Surcharges and tax consequences?
Corporate income tax (CIT)
Under the CIT Act, surcharges applied by shareholders are not treated as income if paid in accordance with the Commercial Companies Code. Therefore, the payment of surcharges will not give rise to a liability in this respect.
Personal income tax (PIT)
Shareholders who are natural persons do not have to pay income tax on the income in the form of the return of surcharges in an amount determined in PLN as at the date of their actual contribution. However, the interest earned by the partner, where interest on the surcharge has been reserved, is subject to taxation.
Tax on civil law transactions (PCC)
In the Act on tax on civil law transactions, surcharges are treated as an amendment to the company’s agreement.

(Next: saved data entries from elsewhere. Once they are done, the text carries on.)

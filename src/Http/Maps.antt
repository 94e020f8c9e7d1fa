-- ===== src/Http/Maps.antt =====
-- What the operations of std::map do to the maps of libcocao/http/http.h.

use libcocao.Base.{
  ℕ, ◌≡◌, refl, sym, ◌∙◌, ◌⊎◌, inl, inr, Bool, true, false, Option, none, some, List, [], ◌∷◌,
  if◌then◌else◌, Bool-cases, All, arith,
}
use libcocao.Log.Pattern.{text_eq_sound}
use libcocao.Http.{fold, key_less, same_key, Headers, find, put, insert, erase}
use libcocao.Http.Order.{
  place, before, behind, same, fold-IsSame, same_key-left, same_key-right, key_less_trans,
}

-- find looks at the first entry, or at the rest.
find-cons :
    (j k v : List ℕ) (m : Headers)
    → find j ((k, v) ∷ m) ≡ (if same_key k j then some v else find j m)
unfolding find
find-cons j k v m = elim (place k j) [
  | before a b c d ↦ rw (a, c, find) refl
  | behind a b c d ↦ rw (a, b, c, find) refl
  | same e ↦ let f = fold-IsSame k j e in rw (f.not_less, f.not_greater, f.is_equal, find) refl
]

-- All keys are greater than k.
abbrev pub Below : List ℕ → Headers → Type 0
Below k = All (λ e. key_less k e.0 ≡ true)

-- The order of the keys, each of which is there once.
abbrev pub Sorted : Headers → Type 0
Sorted [] = Unit {0}
Sorted ((k, v) ∷ m) = Below k m × Sorted m

Below-trans : (i k : List ℕ) (m : Headers) → key_less i k ≡ true → Below k m → Below i m
Below-trans i k [] p h = tt
Below-trans i k ((j, v) ∷ m) p h = (key_less_trans i k j p h.0, Below-trans i k m p h.1)

find-Below : (i k : List ℕ) (m : Headers) → fold i ≡ fold k → Below k m → find i m ≡ none
unfolding find
find-Below i k [] e h = refl
find-Below i k ((j, v) ∷ m) e h = elim (place j i) [
  | before a b c d ↦ rw (a, find) (find-Below i k m e h.1)
  | behind a b c d ↦ rw (a, b, find) (find-Below i k m e h.1)
  | same f ↦ let g = fold-IsSame k j (sym e ∙ sym f) in absurd (ground (arith, g.not_less, h.0))
]

-- Keys that differ are not both the same as a third.
apart_keys :
    (i j k : List ℕ) → same_key k i ≡ false → (same_key i j ≡ false) ⊎ (same_key k j ≡ false)
apart_keys i j k c = elim (place i j) [
  | before p q r t ↦ inl r
  | behind p q r t ↦ inl r
  | same e ↦ inr (sym (same_key-right i j k e) ∙ c)
]

swap_tests :
    (p q : Bool) (x y z : Option (List ℕ))
    → (p ≡ false) ⊎ (q ≡ false)
    → (if p then x else (if q then y else z)) ≡ (if q then y else (if p then x else z))
swap_tests true true x y z h = absurd (ground arith)
swap_tests true false x y z h = refl
swap_tests false true x y z h = refl
swap_tests false false x y z h = refl

test_twice :
    (p : Bool) (x y z : Option (List ℕ))
    → (if p then x else z) ≡ (if p then x else (if p then y else z))
test_twice true x y z = refl
test_twice false x y z = refl

-- find behind `m[key] = val`.
pub find-put :
    (j k v : List ℕ) (m : Headers)
    → find j (put k v m) ≡ (if same_key k j then some v else find j m)
unfolding put
find-put j k v [] = find-cons j k v []
find-put j k v ((i, w) ∷ m) = elim (place k i) [
  | before a b c d ↦ rw (a, put) (find-cons j k v ((i, w) ∷ m))
  | behind a b c d ↦
      rw (a, b, find-cons j i w m, put)
        (find-cons j i w (put k v m)
          ∙ rw (find-put j k v m)
              (swap_tests (same_key i j) (same_key k j) _ _ _ (apart_keys i j k c)))
  | same e ↦
      let f = fold-IsSame k i e in
      rw (f.not_less, f.not_greater, find-cons j i w m, put)
        (find-cons j i v m ∙ rw (same_key-left i k j (sym e)) (test_twice (same_key k j) _ _ _))
]

pub find-nil : (k : List ℕ) → find k [] ≡ none
unfolding find
find-nil k = refl

-- find behind `m.insert(make_pair(key, val))`.
pub find-insert :
    (j k v : List ℕ) (m : Headers)
    → Sorted m
    → find j (insert k v m)
      ≡ (if same_key k j then elim (find k m) [ none ↦ some v | some w ↦ some w ] else find j m)
unfolding insert
find-insert j k v [] h = rw (find-nil k) (find-cons j k v [])
find-insert j k v ((i, w) ∷ m) h = elim (place k i) [
  | before a b c d ↦
      let no_key : find k ((i, w) ∷ m) ≡ none =
        find-Below k k ((i, w) ∷ m) refl (a, Below-trans k i m a h.0) in
      rw (a, no_key, insert) (find-cons j k v ((i, w) ∷ m))
  | behind a b c d ↦
      let later : find k ((i, w) ∷ m) ≡ find k m = find-cons k i w m ∙ rw d refl in
      rw (a, b, later, find-cons j i w m, insert)
        (find-cons j i w (insert k v m)
          ∙ rw (find-insert j k v m h.1)
              (swap_tests (same_key i j) (same_key k j) _ _ _ (apart_keys i j k c)))
  | same e ↦
      let f = fold-IsSame k i e in
      let here : find k ((i, w) ∷ m) ≡ some w = find-cons k i w m ∙ rw f.equal_back refl in
      rw (f.not_less, f.not_greater, here, find-cons j i w m, insert)
        (rw (same_key-left i k j (sym e)) (test_twice (same_key k j) _ _ _))
]

same_key_sound : (j k : List ℕ) → same_key j k ≡ true → fold j ≡ fold k
unfolding same_key
same_key_sound j k = text_eq_sound (fold j) (fold k)

pub find-same : (j k : List ℕ) (m : Headers) → same_key k j ≡ true → find k m ≡ find j m
find-same j k [] e = find-nil k ∙ sym (find-nil j)
find-same j k ((i, w) ∷ m) e =
    let either : same_key i k ≡ same_key i j = same_key-right k j i (same_key_sound k j e) in
    find-cons k i w m ∙ rw (either, find-same j k m e) (sym (find-cons j i w m))

-- find behind `m.erase(key)`.
pub find-erase :
    (j k : List ℕ) (m : Headers)
    → Sorted m
    → find j (erase k m) ≡ (if same_key k j then none else find j m)
unfolding erase
find-erase j k [] h = elim (Bool-cases (same_key k j)) [
  | inl e ↦ rw e (find-nil j)
  | inr e ↦ rw e refl
]
find-erase j k ((i, w) ∷ m) h = elim (place i k) [
  | before a b c d ↦
      rw (a, find-cons j i w m, erase)
        (find-cons j i w (erase k m)
          ∙ rw (find-erase j k m h.1)
              (swap_tests (same_key i j) (same_key k j) _ _ _ (apart_keys i j k d)))
  | behind a b c d ↦
      rw (a, b, find-cons j i w m, erase)
        (find-cons j i w (erase k m)
          ∙ rw (find-erase j k m h.1)
              (swap_tests (same_key i j) (same_key k j) _ _ _ (apart_keys i j k d)))
  | same e ↦
      let f = fold-IsSame i k e in
      let left : same_key i j ≡ same_key k j = same_key-left i k j e in
      rw (f.not_less, f.not_greater, find-cons j i w m, left, erase)
        (elim (Bool-cases (same_key k j)) [
          | inl q ↦ rw q (find-Below j i m (sym (e ∙ same_key_sound k j q)) h.0)
          | inr q ↦ rw q refl
        ])
]

module _ (i k v : List ℕ) where
  Below-put : (m : Headers) → key_less i k ≡ true → Below i m → Below i (put k v m)
  unfolding put
  Below-put [] p h = (p, tt)
  Below-put ((j, w) ∷ m) p (q, h) = elim (place k j) [
    | before a b c d ↦ rw (a, put) (p, (q, h))
    | behind a b c d ↦ rw (a, b, put) (q, Below-put m p h)
    | same e ↦ let f = fold-IsSame k j e in rw (f.not_less, f.not_greater, put) (q, h)
  ]

  Below-insert : (m : Headers) → key_less i k ≡ true → Below i m → Below i (insert k v m)
  unfolding insert
  Below-insert [] p h = (p, tt)
  Below-insert ((j, w) ∷ m) p (q, h) = elim (place k j) [
    | before a b c d ↦ rw (a, insert) (p, (q, h))
    | behind a b c d ↦ rw (a, b, insert) (q, Below-insert m p h)
    | same e ↦ let f = fold-IsSame k j e in rw (f.not_less, f.not_greater, insert) (q, h)
  ]

Below-erase : (i k : List ℕ) (m : Headers) → Below i m → Below i (erase k m)
unfolding erase
Below-erase i k [] h = tt
Below-erase i k ((j, w) ∷ m) (q, h) = elim (place j k) [
  | before a b c d ↦ rw (a, erase) (q, Below-erase i k m h)
  | behind a b c d ↦ rw (a, b, erase) (q, Below-erase i k m h)
  | same e ↦ let f = fold-IsSame j k e in rw (f.not_less, f.not_greater, erase) h
]

Sorted-put : (k v : List ℕ) (m : Headers) → Sorted m → Sorted (put k v m)
unfolding put
Sorted-put k v [] h = (tt, tt)
Sorted-put k v ((j, w) ∷ m) (b, h) = elim (place k j) [
  | before a b' c d ↦ rw (a, put) ((a, Below-trans k j m a b), (b, h))
  | behind a b' c d ↦ rw (a, b', put) (Below-put j k v m b' b, Sorted-put k v m h)
  | same e ↦ let f = fold-IsSame k j e in rw (f.not_less, f.not_greater, put) (b, h)
]

Sorted-insert : (k v : List ℕ) (m : Headers) → Sorted m → Sorted (insert k v m)
unfolding insert
Sorted-insert k v [] h = (tt, tt)
Sorted-insert k v ((j, w) ∷ m) (b, h) = elim (place k j) [
  | before a b' c d ↦ rw (a, insert) ((a, Below-trans k j m a b), (b, h))
  | behind a b' c d ↦ rw (a, b', insert) (Below-insert j k v m b' b, Sorted-insert k v m h)
  | same e ↦ let f = fold-IsSame k j e in rw (f.not_less, f.not_greater, insert) (b, h)
]

Sorted-erase : (k : List ℕ) (m : Headers) → Sorted m → Sorted (erase k m)
unfolding erase
Sorted-erase k [] h = tt
Sorted-erase k ((j, w) ∷ m) (b, h) = elim (place j k) [
  | before a b' c d ↦ rw (a, erase) (Below-erase j k m b, Sorted-erase k m h)
  | behind a b' c d ↦ rw (a, b', erase) (Below-erase j k m b, Sorted-erase k m h)
  | same e ↦ let f = fold-IsSame j k e in rw (f.not_less, f.not_greater, erase) h
]

-- On a map in order, `m[key] = val`, insert and erase keep the order, and a lookup afterwards, with a key in any
-- case, gives the new value, the value that was there before or else the new one, and none; all
-- other keys have the value that they had.
pub maps_lem :
    (j k v : List ℕ) (m : Headers)
    → Sorted m
    → Sorted (put k v m)
      × Sorted (insert k v m)
      × Sorted (erase k m)
      × (find j (put k v m) ≡ (if same_key k j then some v else find j m))
      × (find j (insert k v m) ≡ (
          if same_key k j then elim (find k m) [ none ↦ some v | some w ↦ some w ] else find j m))
      × (find j (erase k m) ≡ (if same_key k j then none else find j m))
maps_lem j k v m h = (
  Sorted-put k v m h,
  Sorted-insert k v m h,
  Sorted-erase k m h,
  find-put j k v m,
  find-insert j k v m h,
  find-erase j k m h,
)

As such, they are taxed on the same basis as the conclusion of a company’s agreement or an amendment to that agreement. Therefore, the tax rate is 0.5% of the amount of the additional payments. The obligation to pay PCC tax on additional payments to a limited liability company rests with the limited liability company itself, which, as a taxpayer, is obliged to file a declaration on PCC, calculate and pay the tax within 14 days of the date on which the resolution on additional payments was adopted.